A world with much less work

from The Guardian’s A Long Read 26i18

In 1979, Bernard Lefkowitz, then a well-known American journalist, published Breaktime: Living Without Work in a Nine to Five World, a book based on interviews with 100 people who had given up their jobs. He found a former architect who tinkered with houseboats and bartered; an ex-reporter who canned his own tomatoes and listened to a lot of opera; and a former cleaner who enjoyed lie-ins and a sundeck overlooking the Pacific. Many of the interviewees were living in California, and despite moments of drift and doubt, they reported new feelings of “wholeness” and “openness to experience”.

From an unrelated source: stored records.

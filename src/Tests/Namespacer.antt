-- ===== src/Tests/Namespacer.antt =====
-- The namespacer on files in memory.
use mathlib.Core.List.{Permᴰ}
use groot_btrfs.Base.{
  ◌≡◌, refl, ap, ◌∙◌, true, false, ◌&&◌, List, [], ◌∷◌, arith, ℕ, zero, suc, none, some,
}
use groot_btrfs.Base.Int.{pos}
use groot_btrfs.Base.Str.{Str, codes, eqb_iff}
use groot_btrfs.Base.Effect.{Error, Result, ok, err, not_exist, succeeded, is_not_exist}
use groot_btrfs.Groot.{IdMappingSpec}
use groot_btrfs.Groot.Namespacer.{
  StoreNamespacer, Mappings, apply_mappings, normalize_mappings, deep_equal,
}
use groot_btrfs.Groot.Namespacer.Laws.{
  IsFileStore, IsCodec, apply_mappings_again, apply_mappings_reordered,
}
use groot_btrfs.Tests.Dependencies.{Texts, text_at}

-- A text for a list of strings: 0 ends a string, 1 ends the list, and a character is moved up by 2.
abbrev write_string : Str → Str → Str
write_string [] r = 0 ∷ r
write_string (c ∷ s) r = suc (suc c) ∷ write_string s r

abbrev write_strings : List Str → Str → Str
write_strings [] r = 1 ∷ r
write_strings (s ∷ ss) r = write_string s (write_strings ss r)

abbrev push : ℕ → List Str × Str → List Str × Str
push c ([], r) = ([], r)
push c (s ∷ ss, r) = ((c ∷ s) ∷ ss, r)

abbrev read_strings : Str → List Str × Str
read_strings [] = ([], [])
read_strings (zero ∷ r) = let (ss, rest) = read_strings r in ([] ∷ ss, rest)
read_strings (suc zero ∷ r) = ([], r)
read_strings (suc (suc c) ∷ r) = push c (read_strings r)

read_string_back :
    (s : Str) (ss : List Str) (r t : Str)
    → read_strings t ≡ (ss, r)
    → read_strings (write_string s t) ≡ (s ∷ ss, r)
read_string_back [] ss r t e = ap (λ p. ([] ∷ p.0, p.1)) e
read_string_back (c ∷ s) ss r t e = ap (push c) (read_string_back s ss r t e)

read_back : (ss : List Str) (r : Str) → read_strings (write_strings ss r) ≡ (ss, r)
read_back [] r = refl
read_back (s ∷ ss) r = read_string_back s ss r (write_strings ss r) (read_back ss r)

abbrev encode : Mappings → Str
encode m = write_strings m.uid_mappings (write_strings m.gid_mappings [])

abbrev decode : Str → Result Mappings
decode text =
    let (uids, rest) = read_strings text in
    ok (record { uid_mappings = uids; gid_mappings = (read_strings rest).0 })

unfoldable pub namespacer : StoreNamespacer Texts
namespacer = record {
  store_path = codes "/s";
  os = record {
    getuid = pos 0;
    getgid = pos 0;
    geteuid = pos 0;
    stat = λ p w. (
      elim (text_at w p) [
        | none ↦ err not_exist
        | some text ↦ ok (record { is_dir = false; mode = 0o644; uid = pos 0; gid = pos 0 })
      ],
      w,
    );
    lstat = λ p w. (err not_exist, w);
    mkdir = λ p mode w. (ok tt, w);
    mkdir_all = λ p mode w. (ok tt, w);
    chown = λ p u g w. (ok tt, w);
    chmod = λ p mode w. (ok tt, w);
    remove = λ p w. (ok tt, w);
    remove_all = λ p w. (ok tt, w);
    rename = λ from to w. (ok tt, w);
    read_dir = λ p w. (ok [], w);
    read_file = λ p w. (elim (text_at w p) [ none ↦ err not_exist | some text ↦ ok text ], w);
    write_file = λ p text mode w. (ok tt, (p, text) ∷ w);
    truncate = λ p n w. (ok tt, w);
    run = λ command arguments w. (([], ok tt), w);
  };
  encode = encode;
  decode = decode;
  scan = λ text. err (Error.new (codes "expected integer"));
}

pub namespacer-IsFileStore : IsFileStore text_at namespacer
unfolding namespacer is_not_exist
namespacer-IsFileStore = record {
  stat_same = λ w p. refl;
  stat_none = λ w p h. ground arith;
  stat_some = λ w p text h. ground arith;
  write_same = λ w p text mode e. ground (arith, eqb_iff p p);
  read_some = λ w p text h. ground arith;
}

namespacer-IsCodec : IsCodec namespacer
unfolding namespacer
namespacer-IsCodec m =
    let first = read_back m.uid_mappings (write_strings m.gid_mappings []) in
    ap (λ p. ok (record { uid_mappings = p.0; gid_mappings = (read_strings p.1).0 })) first
    ∙ ap (λ p. ok (record { uid_mappings = m.uid_mappings; gid_mappings = p.0 }))
        (read_back m.gid_mappings [])

abbrev root_mapping : IdMappingSpec
root_mapping = record { host_id = pos 1000; namespace_id = pos 0; size = pos 1 }

abbrev range_mapping : IdMappingSpec
range_mapping = record { host_id = pos 100000; namespace_id = pos 1; size = pos 65536 }

abbrev uids : List IdMappingSpec
uids = root_mapping ∷ range_mapping ∷ []

abbrev turned : List IdMappingSpec
turned = range_mapping ∷ root_mapping ∷ []

apply_run : succeeded (apply_mappings namespacer uids [] []).0 ≡ true
unfolding apply_mappings namespacer
apply_run = refl

apply_mappings_again_example :
    succeeded
      (apply_mappings namespacer turned
        (root_mapping ∷ [])
        (apply_mappings namespacer uids [] []).1).0
    ≡ (deep_equal (normalize_mappings uids) (normalize_mappings turned)
        && deep_equal (normalize_mappings []) (normalize_mappings (root_mapping ∷ [])))
apply_mappings_again_example =
    apply_mappings_again text_at namespacer namespacer-IsFileStore namespacer-IsCodec uids [] turned
      (root_mapping ∷ []) [] refl apply_run

apply_mappings_reordered_example :
    succeeded (apply_mappings namespacer turned [] (apply_mappings namespacer uids [] []).1).0
    ≡ true
apply_mappings_reordered_example =
    apply_mappings_reordered text_at namespacer namespacer-IsFileStore namespacer-IsCodec uids []
      turned [] [] refl apply_run (Permᴰ.swap refl refl) Permᴰ.nil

By the end of the 70s, it was possible to believe that the relatively recent supremacy of work might be coming to an end in the more comfortable parts of the west. Labour-saving computer technologies were becoming widely available for the first time. Frequent strikes provided highly public examples of work routines being interrupted and challenged. And crucially, wages were high enough, for most people, to make working less a practical possibility.

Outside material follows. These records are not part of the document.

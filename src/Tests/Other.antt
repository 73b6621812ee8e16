-- ===== src/Tests/Other.antt =====
-- The mappings, the owners and the configuration at concrete inputs.
use groot_btrfs.Base.{◌≡◌, refl, true, false, not, ◌&&◌, List, [], ◌∷◌, ◌↔◌, arith, if◌then◌else◌}
use groot_btrfs.Base.Int.{ℤ, pos, negsuc, signed, bits, add64, sub64, ltb_ℤ, ◌≤ℤ◌, ◌+ℤ◌}
use groot_btrfs.Base.Str.{Str, codes, eqb}
use groot_btrfs.Base.Effect.{Error, ok, err, succeeded}
use groot_btrfs.Store.Measurer.{Measurer, cache_usage, usage}
use groot_btrfs.Store.Measurer.Laws.{cache_usage_lem}
use groot_btrfs.Groot.{IdMappingSpec}
use groot_btrfs.Groot.Creator.{parse_owner}
use groot_btrfs.Ids.{translate_id, in_range, find_store_owner}
use groot_btrfs.Ids.Translate.{IsMapping, mapped, translate_id_iff}
use groot_btrfs.Ids.Owner.{find_store_owner-eq}
use groot_btrfs.Config.{zero_config, CreateFlags, create_config}
use groot_btrfs.Config.Laws.{asked, create_config_lem}

abbrev mapping : ℤ → ℤ → ℤ → IdMappingSpec
mapping host namespace size = record { host_id = host; namespace_id = namespace; size = size }

abbrev shifted : IdMappingSpec
shifted = mapping (pos 100000) (pos 5) (pos 10)

-- The range from 5 maps 7 to 100002, but the translation gives 100006.
shifted_run : translate_id (pos 7) (shifted ∷ []) ≡ pos 100006
unfolding translate_id add64 sub64
shifted_run = refl

shifted-IsMapping : IsMapping shifted
shifted-IsMapping = record {
  host_low = omega arith;
  host_high = omega arith;
  namespace_low = omega arith;
  namespace_high = omega arith;
  size_low = omega arith;
  size_high = omega arith;
}

translate_id_iff_example :
    (translate_id (pos 7) (mapping (pos 1000) (pos 0) (pos 1) ∷ shifted ∷ [])
      ≡ mapped (pos 7) shifted)
    ↔ (pos 5 ≡ pos 1)
unfolding ◌+ℤ◌ in_range add64
translate_id_iff_example =
    translate_id_iff (pos 7) (mapping (pos 1000) (pos 0) (pos 1) ∷ []) shifted [] refl
      shifted-IsMapping (omega arith) refl (omega arith) (omega arith)

abbrev root_and_rest : List IdMappingSpec
root_and_rest = mapping (pos 1000) (pos 0) (pos 1) ∷ mapping (pos 100000) (pos 1) (pos 65536) ∷ []

find_store_owner-eq_example : find_store_owner (pos 0) (pos 0) root_and_rest [] ≡ (
  (parse_owner (pos 0) (pos 0) root_and_rest []).0,
  (parse_owner (pos 0) (pos 0) root_and_rest []).1,
)
find_store_owner-eq_example = find_store_owner-eq (pos 0) (pos 0) root_and_rest []

abbrev flags : CreateFlags
flags = record {
  insecure_registry = codes "r:5000" ∷ [];
  disk_limit_size_bytes = (pos 512, true);
  exclude_image_from_quota = (true, false);
  skip_layer_validation = (true, true);
  threshold_bytes = (negsuc 0, false);
  with_clean = true;
  without_clean = true;
  with_mount = false;
  without_mount = true;
}

create_config_lem_example :
    (create_config flags zero_config ≡ ok (asked flags zero_config)
      → (asked flags zero_config ≡ asked flags zero_config) × (pos 0 ≤ℤ pos 512) × (pos 0 ≤ℤ pos 0))
    × (succeeded (create_config flags zero_config)
        ≡ (not (ltb_ℤ (pos 512) (pos 0)) && not (ltb_ℤ (pos 0) (pos 0))))
create_config_lem_example = create_config_lem flags zero_config (asked flags zero_config)

-- Three volumes, the second of which has no size to read.
abbrev measured : Measurer Unit
measured = record {
  store_path = codes "/s";
  volume_size = λ v w.
      if eqb v (codes "b") then (err (Error.new (codes "no metadata")), w) else (ok (pos 700), w);
  statfs = λ path w. (ok (record { bsize = pos 4096; blocks = 100; bfree = 40 }), w);
}

abbrev three : List Str
three = codes "a" ∷ codes "b" ∷ codes "c" ∷ []

cache_usage_lem_example : (cache_usage measured three tt).0 ≡ pos 1400
unfolding eqb
cache_usage_lem_example = cache_usage_lem measured three tt (ground arith) (ground arith)

usage_run : (usage measured tt).0 ≡ ok (pos 245760)
unfolding usage signed bits
usage_run = refl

Instead, the work ideology was reimposed. During the 80s, the aggressively pro-business governments of Margaret Thatcher and Ronald Reagan strengthened the power of employers, and used welfare cuts and moralistic rhetoric to create a much harsher environment for people without jobs. David Graeber, who is an anarchist as well as an anthropologist, argues that these policies were motivated by a desire for social control. After the political turbulence of the 60s and 70s, he says, “Conservatives freaked out at the prospect of everyone becoming hippies and abandoning work. They thought: ‘What will become of the social order?’”

It sounds like a conspiracy theory, but Hunnicutt, who has studied the ebb and flow of work in the west for almost 50 years, says Graeber has a point: “I do think there is a fear of freedom – a fear among the powerful that people might find something better to do than create profits for capitalism.”